** Records provided follows **
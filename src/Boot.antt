-- ===== src/Boot.antt =====
-- src/boot.rs: the phases of initialization in their normative order, and the tracker of those that
-- are complete. `Order` holds the theorems.
pub mod Order
use Prim.Native.Nat.{ℕ, ◌+◌}
use Prim.Native.String.{String}
use mathlib.Core.Bool.{Bool, true, false, not}
use mathlib.Core.Option.{Option}
use mathlib.Core.List.{List, [], ◌∷◌}
use alani_kernel.Common.Tests.{◌==◌}
use alani_kernel.Common.Lists.{get_elem?, set, replicate}
use alani_kernel.Error.{KernelError}
use alani_kernel.Method.{Method, try, ◌>>=◌, ◌>>◌, self, modify, throw_if, ok_or_throw}

-- `BootPhase`
pub data BootPhase : Type 0 where
  loader_handoff : BootPhase
  early_console : BootPhase
  cpu_features : BootPhase
  memory_map : BootPhase
  paging : BootPhase
  interrupts : BootPhase
  allocator : BootPhase
  timer : BootPhase
  scheduler : BootPhase
  devices : BootPhase
  security : BootPhase
  audit : BootPhase
  syscalls : BootPhase
  runtime_spawn : BootPhase

-- The `repr(u8)` discriminants.
unfoldable pub phase_index : BootPhase → ℕ
phase_index BootPhase.loader_handoff = 0
phase_index BootPhase.early_console = 1
phase_index BootPhase.cpu_features = 2
phase_index BootPhase.memory_map = 3
phase_index BootPhase.paging = 4
phase_index BootPhase.interrupts = 5
phase_index BootPhase.allocator = 6
phase_index BootPhase.timer = 7
phase_index BootPhase.scheduler = 8
phase_index BootPhase.devices = 9
phase_index BootPhase.security = 10
phase_index BootPhase.audit = 11
phase_index BootPhase.syscalls = 12
phase_index BootPhase.runtime_spawn = 13

-- Two phases are compared by their discriminants, as the derived `==` does.
unfoldable pub phase_eq : BootPhase → BootPhase → Bool
unfolding phase_index
phase_eq a b = phase_index a == phase_index b

-- `BootPhase::name`
unfoldable pub phase_name : BootPhase → String
phase_name BootPhase.loader_handoff = "loader_handoff"
phase_name BootPhase.early_console = "early_console"
phase_name BootPhase.cpu_features = "cpu_features"
phase_name BootPhase.memory_map = "memory_map"
phase_name BootPhase.paging = "paging"
phase_name BootPhase.interrupts = "interrupts"
phase_name BootPhase.allocator = "allocator"
phase_name BootPhase.timer = "timer"
phase_name BootPhase.scheduler = "scheduler"
phase_name BootPhase.devices = "devices"
phase_name BootPhase.security = "security"
phase_name BootPhase.audit = "audit"
phase_name BootPhase.syscalls = "syscalls"
phase_name BootPhase.runtime_spawn = "runtime_spawn"

-- `BOOT_PHASE_COUNT`
abbrev pub boot_phase_count : ℕ
boot_phase_count = 14

-- `BOOT_SEQUENCE`
abbrev pub boot_sequence : List BootPhase
boot_sequence =
    BootPhase.loader_handoff ∷ BootPhase.early_console ∷ BootPhase.cpu_features
    ∷ BootPhase.memory_map ∷ BootPhase.paging ∷ BootPhase.interrupts ∷ BootPhase.allocator
    ∷ BootPhase.timer ∷ BootPhase.scheduler ∷ BootPhase.devices ∷ BootPhase.security
    ∷ BootPhase.audit ∷ BootPhase.syscalls ∷ BootPhase.runtime_spawn ∷ []

-- `BootProgress`
pub record BootProgress : Type 0 where
  pub completed : List Bool
  pub next_index : ℕ

-- `BootProgress::new`
abbrev pub new : BootProgress
new = record { completed = replicate boot_phase_count false; next_index = 0 }

unfoldable pub next_expected : BootProgress → Option BootPhase
next_expected p = get_elem? boot_sequence p.next_index

-- `BootProgress::complete`
unfoldable pub complete : BootPhase → Method BootProgress (Unit {0})
unfolding next_expected phase_eq
complete phase = do
  p ← self
  expected ← ok_or_throw (next_expected p) KernelError.invalid_state
  throw_if (not (phase_eq expected phase)) KernelError.invalid_state
  modify (λ q. record q { completed = set q.completed q.next_index true })
  modify (λ q. record q { next_index = q.next_index + 1 })

unfoldable pub is_complete : BootProgress → Bool
is_complete p = p.next_index == boot_phase_count

-- `BootProgress::completed_count`
abbrev pub completed_count : BootProgress → ℕ
completed_count p = p.next_index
** End of Records provided **
Only the lines above from the line containing "phase_index BootPhase.loader_handoff = 0" through the line containing "phase_index BootPhase.interrupts = 5" should be retyped, exactly and with both ends included.

Response to the task:
phase_index BootPhase.loader_handoff = 0
phase_index BootPhase.early_console = 1
phase_index BootPhase.cpu_features = 2
phase_index BootPhase.memory_map = 3
phase_index BootPhase.paging = 4
phase_index BootPhase.interrupts = 5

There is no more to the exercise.